Understanding next steps: FAQs

For how long will QIAGEN continue to support and supply NeuMoDx customers?
  • During a transition period extending into 2025, QIAGEN will continue to provide support for existing NeuMoDx customers.
  • A comprehensive plan has been developed to ensure a smooth transition for all affected customers of their clinical testing needs to third-party suppliers. This includes ongoing maintenance, technical support and the provision of necessary consumables for a specified period.
Will new customer orders for NeuMoDx be accepted?
  • Unfortunately, QIAGEN cannot accept any new instrument orders as of the day of announcement: June, 6 2024.
  • We will be completing production in the fourth quarter of 2024. To ensure a smooth transition, we kindly request your final forecast by early September.
Will QIAGEN continue to develop new assays for NeuMoDx? And what about the assays currently in regulatory submission?
  • QIAGEN will no longer develop NeuMoDx assays.
  • All regulatory submissions for NeuMoDx assays under review by a regulatory body will be withdrawn, and all associated development work and regulatory efforts will be discontinued.

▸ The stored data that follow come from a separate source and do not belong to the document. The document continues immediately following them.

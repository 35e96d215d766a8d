-- ===== src/Capabilities.antt =====
-- libs/libkerrighed/libcapability.c, and the bits of libs/include/capability.h. A word of
-- capabilities, a C int, is its bits: a number below 2 ^ 32.
use kerrighed_tools.Base.{ℕ, ◌%◌, ◌-◌, Bool, not, ℤ, pos, negsuc, ◌==◌}
use kerrighed_tools.Base.Bits.{shl, word_and}
use kerrighed_tools.Kernel.{
  World, M, ◌>>=◌, return, Answer, Caps, call_kerrighed_services, set_cap, get_cap, set_pid_cap,
  get_pid_cap, set_father_cap, get_father_cap, get_supported_cap,
}

abbrev pub cap_change_kerrighed_cap : ℕ
cap_change_kerrighed_cap = 0

abbrev pub cap_size : ℕ
cap_size = 12

unfoldable pub cap_raised : ℕ → ℕ → Bool
cap_raised cap_vector cap = not (word_and 32 cap_vector (shl cap) == 0)

-- A long or an int as the bits of an int.
abbrev pub word_of : ℤ → ℕ
word_of (pos n) = n % 4294967296
word_of (negsuc n) = 4294967295 - n % 4294967296

module _ (w : World) where
  unfoldable pub capset : Caps → M ℤ
  capset new_caps = do r ← call_kerrighed_services w (set_cap new_caps); return r.ret

  -- What the kernel writes comes with the result, here and below.
  unfoldable pub capget : M Answer
  capget = call_kerrighed_services w get_cap

  unfoldable pub pid_capset : ℤ → Caps → M ℤ
  pid_capset pid new_caps = do
    r ← call_kerrighed_services w (set_pid_cap pid new_caps)
    return r.ret

  unfoldable pub pid_capget : ℤ → M Answer
  pid_capget pid = call_kerrighed_services w (get_pid_cap pid)

  unfoldable pub cap_get_supported : M Answer
  cap_get_supported = call_kerrighed_services w get_supported_cap

  unfoldable pub father_capset : Caps → M ℤ
  father_capset new_caps = do r ← call_kerrighed_services w (set_father_cap new_caps); return r.ret

  unfoldable pub father_capget : M Answer
  father_capget = call_kerrighed_services w get_father_cap
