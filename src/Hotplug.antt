-- ===== src/Hotplug.antt =====
-- libs/libkerrighed/libhotplug.c and libs/include/hotplug.h: the node statuses and the range test
-- that every operation on a node number makes. The children model the node sets, the status
-- tables, the clusters, and the bit mask that goes to the kernel.
pub mod NodeSet
pub mod Nodes
pub mod Mask
pub mod Services
use kerrighed_tools.Base.{ℕ, ◌+◌, Bool, false, ℤ, pos, negsuc, ltb, if◌then◌else◌}
use Prim.Native.String.{String}

-- `enum krg_status`
pub data Status : Type 0 where
  invalid possible present online : Status

-- The byte by which the kernel and the tables write a status.
abbrev pub code : Status → ℕ
code invalid = 0
code possible = 1
code present = 2
code online = 3

-- The entries of the static table of `krg_status_str`.
status_name : ℕ → String
status_name n =
    if ltb n 1
    then "invalid"
    else if ltb n 2
    then "possible"
    else if ltb n 3
    then "present"
    else "online"

unfoldable pub status_str : ℤ → String
unfolding status_name
status_str (pos n) = if ltb 3 n then status_name 0 else status_name n
status_str (negsuc n) = status_name 0

-- The test `n >= 0 && n < kerrighed_max_nodes`, and the same for clusters.
abbrev pub in_range : ℕ → ℤ → Bool
in_range max (pos n) = ltb n max
in_range max (negsuc n) = false

-- The index that an iterator looks at first, `node + 1`. Reads below index 0 are outside of the
-- array, so the search begins at 0 there; callers give -1 or a node number.
abbrev pub after : ℤ → ℕ
after (pos n) = n + 1
after (negsuc n) = 0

How will the discontinuation affect existing service level agreements (SLAs) and warranties?
  • QIAGEN will support until consumables' shelf life is exceeded or instruments are removed from the field.
Will there be any downtime during the transition, and how will the impact on QIAGEN customers’ clinical operations be minimized?
  • All processes will continue to ensure testing continuity.
  • We will be completing production in the fourth quarter of 2024. To ensure a smooth transition, we kindly request your final forecast by early September.
Can customers choose a transition date? When must the transition be completed?
  • QIAGEN will have conversations with our customers to evaluate suitable solutions for both sides.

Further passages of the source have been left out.